A cirurgia costuma ser recomendada para pacientes com:
● diabetes tipo 2 de difícil controle, inclusive aqueles que utilizam insulina;
● complicações decorrentes do diabetes, como retinopatia, insuficiência renal ou doenças vasculares;
● obesidade grave, especialmente com índice de massa corporal (IMC) acima de 50;
● reganho de peso ou persistência do diabetes após outra cirurgia bariátrica, nos chamados procedimentos revisionais.
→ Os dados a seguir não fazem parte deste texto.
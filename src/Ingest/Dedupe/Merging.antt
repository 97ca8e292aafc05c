-- ===== src/Ingest/Dedupe/Merging.antt =====
-- lib/dedupe.ts: what a group becomes, and `dedupePostings`.
use Prim.Native.String.{String}
use job_dashboard.Prelude.{
  ℕ, ltb, leb, str_eq, Bool, false, ◌&&◌, Option, none, some, List, [], ◌∷◌, if◌then◌else◌, or_else,
  select, map,
}
use job_dashboard.Ingest.Dedupe.{
  RawPosting, PostingSource, Group, Feed, is_ats, first_some, shares_publisher_identity, near_dupe,
  remote_dupe,
}
use job_dashboard.Ingest.Dedupe.Passes.{source_le, sort_by, head, merge_pass, group_by_key}

abbrev pub earliest : Option ℕ → Option ℕ → Option ℕ
earliest none b = b
earliest (some a) none = some a
earliest (some a) (some b) = some (if leb a b then a else b)

-- The identity by which `collapseSourceUrls` knows a source.
unfoldable pub same_record : Feed → PostingSource → PostingSource → Bool
same_record feed a b = same_ids a.publisher_id b.publisher_id
  where
    same_ids : Option String → Option String → Bool
    same_ids (some i) (some j) = str_eq a.source b.source && str_eq i j
    same_ids none none =
        str_eq (feed.canonical_source_url a.source_url) (feed.canonical_source_url b.source_url)
    same_ids _ _ = false

unfoldable pub collapsed_with : PostingSource → PostingSource → PostingSource
collapsed_with existing source =
    let date = earliest existing.posted_at source.posted_at in
    if ltb source.priority existing.priority
    then record source { posted_at = date }
    else record existing { posted_at = date }

unfoldable pub collapse_into : Feed → PostingSource → List PostingSource → List PostingSource
collapse_into feed source [] = source ∷ []
collapse_into feed source (e ∷ rest) =
    let later = collapse_into feed source rest in
    if same_record feed e source then collapsed_with e source ∷ rest else e ∷ later

unfoldable pub collapse_source_urls :
    Feed → List PostingSource → List PostingSource → List PostingSource
collapse_source_urls feed [] kept = kept
collapse_source_urls feed (s ∷ rest) kept =
    collapse_source_urls feed rest (collapse_into feed s kept)

-- The dates that are finite.
unfoldable pub dates : List PostingSource → List ℕ
dates [] = []
dates (s ∷ rest) = elim s.posted_at [ none ↦ dates rest | some d ↦ d ∷ dates rest ]

-- `Math.min` of a list that is not empty.
unfoldable pub min_of : List ℕ → Option ℕ
min_of [] = none
min_of (d ∷ rest) = earliest (some d) (min_of rest)

abbrev pub at_least : ℕ → Option ℕ → ℕ
at_least n none = n
at_least n (some m) = if leb n m then m else n

pub record DedupedPosting : Type 0 where
  pub key : String
  pub sources : List PostingSource
  pub posted_at : ℕ
  pub canonical_url : String

unfoldable pub winner : List PostingSource → Option PostingSource
winner sources =
    let own = select (λ s. is_ats s.source_kind) sources in
    elim (head own) [ none ↦ head sources | some s ↦ some s ]

abbrev pub link : Feed → Option PostingSource → String
link feed none = ""
link feed (some s) =
    or_else (first_some (feed.http_url s.apply_url) (feed.http_url (some s.source_url))) ""

unfoldable pub materialize : Feed → (fallback : ℕ) → Group → DedupedPosting
materialize feed fallback group =
    let sources = sort_by (source_le feed) (collapse_source_urls feed group.sources []) in
    let own = dates (select (λ s. is_ats s.source_kind) sources) in
    record {
      key = group.key;
      sources = sources;
      posted_at = at_least (or_else (min_of (dates sources)) fallback) (min_of own);
      canonical_url = link feed (winner sources);
    }

unfoldable pub dedupe_postings : Feed → (fallback : ℕ) → List RawPosting → List DedupedPosting
dedupe_postings feed fallback postings =
    let groups = group_by_key feed postings [] in
    let same = merge_pass feed shares_publisher_identity groups in
    let near = merge_pass feed (near_dupe feed) same in
    let apart = merge_pass feed (remote_dupe feed) near in map (materialize feed fallback) apart
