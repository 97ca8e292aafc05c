-- ===== src/Ingest/Dedupe/Dates.antt =====
-- lib/dedupe.ts: the date of a merged posting.
use job_dashboard.Prelude.{
  ℕ, ◌≤◌, ◌≡◌, refl, Option, none, some, List, [], ◌∷◌, select, or_else, Option-cases, Bool-cases,
  inl, inr, arith,
}
use job_dashboard.Ingest.Dedupe.Merging.{
  earliest, dates, min_of, at_least, materialize, collapse_source_urls,
}
use job_dashboard.Ingest.Dedupe.Passes.{sort_by, source_le}
use job_dashboard.Ingest.Dedupe.{PostingSource, is_ats, Feed, Group}

abbrev pub own_sources : List PostingSource → List PostingSource
own_sources xs = select (λ (s : PostingSource). is_ats s.source_kind) xs

-- The first is a date no later than the second, if that is one.
abbrev NoLater : Option ℕ → Option ℕ → Type 0
NoLater o none = Unit
NoLater none (some m) = ⊥
NoLater (some k) (some m) = k ≤ m

earliest-NoLater : (d o p : Option ℕ) → NoLater o p → NoLater (earliest d o) p
earliest-NoLater none o p h = h
earliest-NoLater (some d) none none h = tt
earliest-NoLater (some d) none (some m) h = absurd h
earliest-NoLater (some d) (some k) none h = tt
earliest-NoLater (some d) (some k) (some m) h = ground arith

both-NoLater : (d o p : Option ℕ) → NoLater o p → NoLater (earliest d o) (earliest d p)
both-NoLater none o p h = h
both-NoLater (some d) none none h = ground arith
both-NoLater (some d) none (some m) h = absurd h
both-NoLater (some d) (some k) none h = ground arith
both-NoLater (some d) (some k) (some m) h = ground arith

min-dates :
    (s : PostingSource) (rest : List PostingSource)
    → min_of (dates (s ∷ rest)) ≡ earliest s.posted_at (min_of (dates rest))
unfolding dates min_of
min-dates s rest = elim (Option-cases s.posted_at) [ inl e ↦ rw e refl | inr (d, e) ↦ rw e refl ]

own-NoLater :
    (xs : List PostingSource) → NoLater (min_of (dates xs)) (min_of (dates (own_sources xs)))
unfolding select
own-NoLater [] = unfold dates min_of in tt
own-NoLater (s ∷ xs) = elim (Bool-cases (is_ats s.source_kind)) [
  | inl own ↦
      rw (own, min-dates s xs, min-dates s (own_sources xs))
        (both-NoLater s.posted_at _ _ (own-NoLater xs))
  | inr other ↦ rw (other, min-dates s xs) (earliest-NoLater s.posted_at _ _ (own-NoLater xs))
]

floored :
    (o p : Option ℕ) (fallback : ℕ)
    → NoLater o p
    → at_least (or_else o fallback) p ≡ or_else p (or_else o fallback)
floored o none fallback h = refl
floored none (some m) fallback h = absurd h
floored (some k) (some m) fallback h = ground arith

-- The date of a merged posting is the earliest date of the applicant tracking systems among the sources that it lists, else
-- the earliest of any of these sources, else the fallback: no other source makes it older or younger than the systems say.
pub materialize-posted_at :
    (feed : Feed) (fallback : ℕ) (group : Group)
    → let p = materialize feed fallback group in
      p.posted_at
      ≡ or_else
          (min_of (dates (own_sources p.sources)))
          (or_else (min_of (dates p.sources)) fallback)
unfolding materialize
materialize-posted_at feed fallback group =
    let sources = sort_by (source_le feed) (collapse_source_urls feed group.sources []) in
    floored (min_of (dates sources)) (min_of (dates (own_sources sources))) fallback
      (own-NoLater sources)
A indicação sempre depende de uma avaliação individualizada, considerando o histórico clínico, o grau de obesidade e o controle metabólico do paciente.
A cirurgia substitui as canetas emagrecedoras?
Não necessariamente. Os medicamentos à base de agonistas de GLP-1 representam um importante avanço no tratamento da obesidade e do diabetes tipo 2, mas possuem indicações específicas. Em muitos casos, principalmente nos pacientes com obesidade grave ou diabetes de difícil controle, a cirurgia oferece resultados mais duradouros.
Além disso, as duas abordagens podem ser complementares, conforme a estratégia definida pela equipe médica.
Como é a recuperação?
A bipartição intestinal é considerada uma cirurgia mais complexa do que algumas técnicas bariátricas convencionais, podendo durar cerca de três horas.
Por isso, o procedimento exige uma equipe altamente especializada, tanto na realização da cirurgia quanto no acompanhamento nutricional e metabólico do paciente após a operação.
Sempre que possível, a técnica é realizada por cirurgia robótica, que proporciona maior precisão durante o procedimento, menor trauma cirúrgico e uma recuperação mais
confortável.
O futuro da cirurgia metabólica
Os avanços na cirurgia bariátrica caminham cada vez mais para procedimentos voltados ao controle das doenças metabólicas, especialmente o diabetes tipo 2. A tendência é que medicamentos e técnicas cirúrgicas sejam utilizados de forma integrada, oferecendo tratamentos cada vez mais personalizados e eficazes.
Mais do que promover o emagrecimento, a bipartição intestinal representa uma evolução no tratamento de pacientes que convivem com obesidade grave e diabetes, permitindo melhorar a qualidade de vida, reduzir complicações da doença e alcançar um controle metabólico mais consistente a longo prazo.